(PROMPT)
Hunt for the word "antt" across the entries below, copying each line that holds it.

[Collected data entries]
————————
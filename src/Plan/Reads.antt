-- ===== src/Plan/Reads.antt =====
-- What the commands of an accepted plan can do: read the allowlisted storage into the output.
use mathlib.Core.List.{flat_map}
use oukitel_rt7_linux.Prelude.{
  ◌≡◌, refl, sym, true, false, ◌⊎◌, inl, inr, List, [], ◌∷◌, ◌++◌, map, ok, contains, Bool-cases,
  list_eq, nat_eq, list_beq, list_beq_iff, All, All-append, All-of-map, All-weaken,
}
use oukitel_rt7_linux.Python.Text.{Text, text}
use oukitel_rt7_linux.Python.Text.Split.{split}
use oukitel_rt7_linux.Python.Dict.{keys}
use oukitel_rt7_linux.Python.Path.{FilePath, ◌/◌, path_str}
use oukitel_rt7_linux.Plan.{
  space, bin, capture_passes, partitions, pass_words, expected_words, validate_read_only_plan,
}
use oukitel_rt7_linux.Plan.Allowlist.{validate_read_only_plan-eq-ok}

-- The commands of mtkclient that read, with a target in the directory of a pass.
pub data ReadCommand (output : FilePath) : List Text → Type 0 where
  gpt :
      (pass : Text)
      → contains capture_passes pass ≡ true
      → ReadCommand output (text "gpt" ∷ path_str (output / pass) ∷ [])
  r :
      (pass name : Text)
      → contains capture_passes pass ≡ true
      → contains (keys partitions) name ≡ true
      → ReadCommand output (text "r" ∷ name ∷ path_str (output / pass / bin name) ∷ [])
  ro :
      (pass lu : Text)
      → contains capture_passes pass ≡ true
      → (lu ≡ text "lu0") ⊎ (lu ≡ text "lu1")
      → ReadCommand output (
          text "ro"
          ∷ text "0x0"
          ∷ text "0x80000"
          ∷ path_str (output / pass / (text "preloader_" ++ (lu ++ text ".bin")))
          ∷ text "--parttype"
          ∷ lu
          ∷ [])

module _ (output : FilePath) (pass : Text) (known : contains capture_passes pass ≡ true) where
  reads-ReadCommand :
      (names : List Text)
      → All (λ name. contains (keys partitions) name ≡ true) names
      → All
          (ReadCommand output)
          (map (λ name. text "r" ∷ name ∷ path_str (output / pass / bin name) ∷ []) names)
  reads-ReadCommand [] h = tt
  reads-ReadCommand (name ∷ names) h = (r pass name known h.0, reads-ReadCommand names h.1)

  pass_words-ReadCommand :
      (names : List Text)
      → All (λ name. contains (keys partitions) name ≡ true) names
      → All (ReadCommand output) (pass_words (output / pass) names)
  unfolding pass_words
  pass_words-ReadCommand names h = (
    gpt pass known,
    All-append (ReadCommand output)
        (map (λ name. text "r" ∷ name ∷ path_str (output / pass / bin name) ∷ []) names) _
        (reads-ReadCommand names h)
        (ro pass (text "lu0") known (inl refl), (ro pass (text "lu1") known (inr refl), tt)),
  )

partitions-known : All (λ name. contains (keys partitions) name ≡ true) (keys partitions)
unfolding partitions keys contains list_beq
partitions-known = (
  refl,
  (
    refl,
    (
      refl,
      (
        refl,
        (
          refl,
          (
            refl,
            (
              refl,
              (refl, (refl, (refl, (refl, (refl, (refl, (refl, (refl, (refl, (refl, tt)))))))))),
            ),
          ),
        ),
      ),
    ),
  ),
)

expected_words-ReadCommand : (output : FilePath) → All (ReadCommand output) (expected_words output)
unfolding expected_words flat_map
expected_words-ReadCommand output =
    let names = keys partitions in
    let one = pass_words (output / text "pass1") names in
    let two = pass_words (output / text "pass2") names in
    All-append (ReadCommand output) one (two ++ [])
      (pass_words-ReadCommand output (text "pass1") (unfold contains list_beq in refl) names
        partitions-known)
      (All-append (ReadCommand output) two []
        (pass_words-ReadCommand output (text "pass2") (unfold contains list_beq in refl) names
          partitions-known)
        tt)

-- Every command of an accepted plan dumps the partition table, reads an allowlisted partition, or
-- reads the first 512 KiB of a boot LU, into the directory of one of the two passes.
pub validate_read_only_plan-ReadCommand :
    (plan : List Text) (output : FilePath)
    → validate_read_only_plan plan output ≡ ok tt
    → All (λ command. ReadCommand output (split space command)) plan
validate_read_only_plan-ReadCommand plan output h =
    All-of-map (ReadCommand output) (split space) plan
      (rw ((validate_read_only_plan-eq-ok plan output).0 h) (expected_words-ReadCommand output))

-- The partitions with personal data, which the script excludes by name.
abbrev pub excluded : List Text
excluded =
    text "userdata"
    ∷ text "metadata"
    ∷ text "nvram"
    ∷ text "nvdata"
    ∷ text "persist"
    ∷ text "protect1"
    ∷ text "protect2"
    ∷ []

abbrev pub Reads : List Text → Text → Type 0
Reads words name = (rest : List Text) × (words ≡ text "r" ∷ (name ∷ rest))

ReadCommand-allowed :
    (output : FilePath) (words : List Text) (name : Text)
    → ReadCommand output words
    → Reads words name
    → contains (keys partitions) name ≡ true
ReadCommand-allowed output words name (gpt _ _) (rest, e) = cc
ReadCommand-allowed output words name (r _ other _ k) (rest, e) =
    let same : other ≡ name = cc in rw same at k
ReadCommand-allowed output words name (ro _ _ _ _) (rest, e) = cc

excluded_unlisted : All (λ name. contains (keys partitions) name ≡ false) excluded
unfolding partitions keys contains list_beq
excluded_unlisted = (refl, (refl, (refl, (refl, (refl, (refl, (refl, tt)))))))

All-contains {ℓ} :
    (P : Text → Type ℓ) (xs : List Text) (a : Text) → All P xs → contains xs a ≡ true → P a
unfolding contains
All-contains P [] a h c = cc
All-contains P (x ∷ xs) a h c = elim (Bool-cases (list_beq a x)) [
  | inl e ↦ let same : x ≡ a = sym ((list_beq_iff a x).0 e) in rw same at h.0
  | inr e ↦ All-contains P xs a h.1 (rw e at c)
]

-- No command of an accepted plan reads one of the partitions with personal data.
pub validate_read_only_plan-excluded :
    (plan : List Text) (output : FilePath) (name : Text)
    → validate_read_only_plan plan output ≡ ok tt
    → contains excluded name ≡ true
    → All (λ command. ¬ (Reads (split space command) name)) plan
validate_read_only_plan-excluded plan output name h x =
    All-weaken (λ command. ReadCommand output (split space command)) _ plan
      (λ command v reads. cc (
        ReadCommand-allowed output (split space command) name v reads,
        All-contains (λ n. contains (keys partitions) n ≡ false) excluded name excluded_unlisted x,
      ))
      (validate_read_only_plan-ReadCommand plan output h)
————————
(SOLVED EXERCISE)
filename src/Plan/Reads.antt
-- ===== src/Plan/Reads.antt =====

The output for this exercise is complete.